From probability to odds to log of odds: Everything starts with the concept of probability. Let's say that the probability of success of some event is .8. Then the probability of failure is 1- .8 = .2. The odds of success are defined as the ratio of the probability of success over the probability of failure. In our example, the odds of success are .8/.2 = 4. That is to say that the odds of success are 4 to 1. If the probability of success is .5, i.e., 50-50 percent chance, then the odds of success is 1 to 1.
The transformation from probability to odds is a monotonic transformation, meaning the odds increase as the probability increases or vice versa. Probability ranges from 0 and 1. Odds range from 0 and positive infinity. Below is a table of the transformation from probability to odds and we have also plotted for the range of p less than or equal to 0.9
Examples
Let's begin with probability. Let's say that the probability of success is .8, thus [p = 0.8] Then the probability of failure is [q = 1 - p = 0.2]

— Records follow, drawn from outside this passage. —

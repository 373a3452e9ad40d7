-- ===== src/Tests/Socket.antt =====
-- The TCP transport over a network that takes one byte at a time, and over one that is down.
use base_platform_zephyr_ble.Prelude.{
  ℕ, ◌<◌, ◌≤◌, ◌≡◌, refl, sym, Bool, true, false, Option, none, some, List, [], ◌∷◌, ◌++◌, length,
  take, leb, arith,
}
use base_platform_zephyr_ble.Link.{no_error}
use base_platform_zephyr_ble.Link.Socket.{
  Net, SocketConfig, SocketLink, send, connect, wait_for_ipv4_address,
}
use base_platform_zephyr_ble.Link.Socket.Address.{Waited, wait_for_ipv4_address-Waited}
use base_platform_zephyr_ble.Link.Socket.Send.{Open, Sent, send-Sent, connect-Open}

-- The state is the wire; `up` is whether the peer takes bytes.
abbrev send_byte : Bool → List ℕ → List ℕ → List ℕ × Option ℕ
send_byte up [] wire = (wire, none)
send_byte true (b ∷ bs) wire = (wire ++ (b ∷ []), some 1)
send_byte false (b ∷ bs) wire = (wire, none)

send_byte_failed :
    (up : Bool) (bytes wire : List ℕ)
    → (send_byte up bytes wire).1 ≡ none
    → (send_byte up bytes wire).0 ≡ wire
send_byte_failed up [] wire e = refl
send_byte_failed true (b ∷ bs) wire e = cc
send_byte_failed false (b ∷ bs) wire e = refl

send_byte_taken :
    (up : Bool) (k : ℕ) (bytes wire : List ℕ)
    → (send_byte up bytes wire).1 ≡ some k
    → (0 < k) × (k ≤ length bytes) × ((send_byte up bytes wire).0 ≡ wire ++ take k bytes)
send_byte_taken up k [] wire e = cc
send_byte_taken true k (b ∷ bs) wire e =
    let one : 1 ≡ k = ground arith in rw (sym one) (omega arith, omega arith, refl)
send_byte_taken false k (b ∷ bs) wire e = cc

net : Bool → Net (List ℕ)
net up = record {
  address_is_valid = true;
  socket = λ n. (n, some 3);
  set_timeouts = λ ms fd n. n;
  connect = λ fd n. (n, up);
  send = λ fd bytes n. send_byte up bytes n;
  close = λ fd n. n;
  wire = λ n. n;
  close_lem = λ fd n. refl;
  send_failed = λ fd bytes n e. send_byte_failed up bytes n e;
  send_taken = λ fd k bytes n e. send_byte_taken up k bytes n e;
}

abbrev config : SocketConfig
config = record { connect_timeout_ms = 5000; max_fragment = 51 }

abbrev joined : SocketLink (List ℕ)
joined = record { socket = some 3; is_connected = true; net = [] }

abbrev fresh : SocketLink (List ℕ)
fresh = record { socket = none; is_connected = false; net = [] }

abbrev bytes : List ℕ
bytes = 7 ∷ 8 ∷ 9 ∷ []

send-Sent_example :
    Sent
      (net true)
      config
      bytes
      joined
      (send (net true) config bytes joined).0
      (send (net true) config bytes joined).1
send-Sent_example = send-Sent (net true) config bytes joined (λ on e. cc)

send_all : (send (net true) config bytes joined).0.net ≡ bytes
unfolding send net
send_all = refl

send_when_down : (send (net false) config bytes joined).0.is_connected ≡ false
unfolding send net
send_when_down = refl

connect-Open_example :
    Open (net true) config (connect (net true) config fresh).0
    × (((connect (net true) config fresh).0.is_connected ≡ true
          → (connect (net true) config fresh).1 ≡ no_error)
        × ((connect (net true) config fresh).1 ≡ no_error
            → (connect (net true) config fresh).0.is_connected ≡ true))
connect-Open_example = connect-Open (net true) config fresh (λ on e. cc)

-- The address is there from the third poll on.
abbrev third_poll : ℕ → Bool
third_poll i = leb 2 i

wait_for_ipv4_address-Waited_example :
    Waited third_poll 1000 0 (wait_for_ipv4_address third_poll 1000)
wait_for_ipv4_address-Waited_example = wait_for_ipv4_address-Waited third_poll 1000 (omega arith)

The odds of success are defined as [odds(success) = p/q = .8/.2 = 4]
that is, the odds of success are 4 to 1. The odds of failure would be [odds(failure) = q/p = .2/.8 = 0.25]
This looks a little strange but it is really saying that the odds of failure are 1 to 4. The odds of success and the odds of failure are just reciprocals of one another, i.e., 1/4 = .25 and 1/.25 = 4. Next, we will add another variable to the equation so that we can compute an odds ratio.
Another example
This example is adapted from Pedhazur (1997). Suppose that seven out of 10 males are admitted to an engineering school while three of 10 females are admitted. The probabilities for admitting a male are,
p = 7/10 = .7 q = 1 - .7 = .3
Here are the same probabilities for females,
p = 3/10 = .3 q = 1 - .3 = .7
Now we can use the probabilities to compute the admission odds for both males and females,
odds(male) = .7/.3 = 2.33333; odds(female) = .3/.7 = .42857
Next, we compute the odds ratio for admission,
OR = 2.3333/.42857 = 5.44
Thus, for a male, the odds of being admitted are 5.44 times as large than the odds for a female being admitted.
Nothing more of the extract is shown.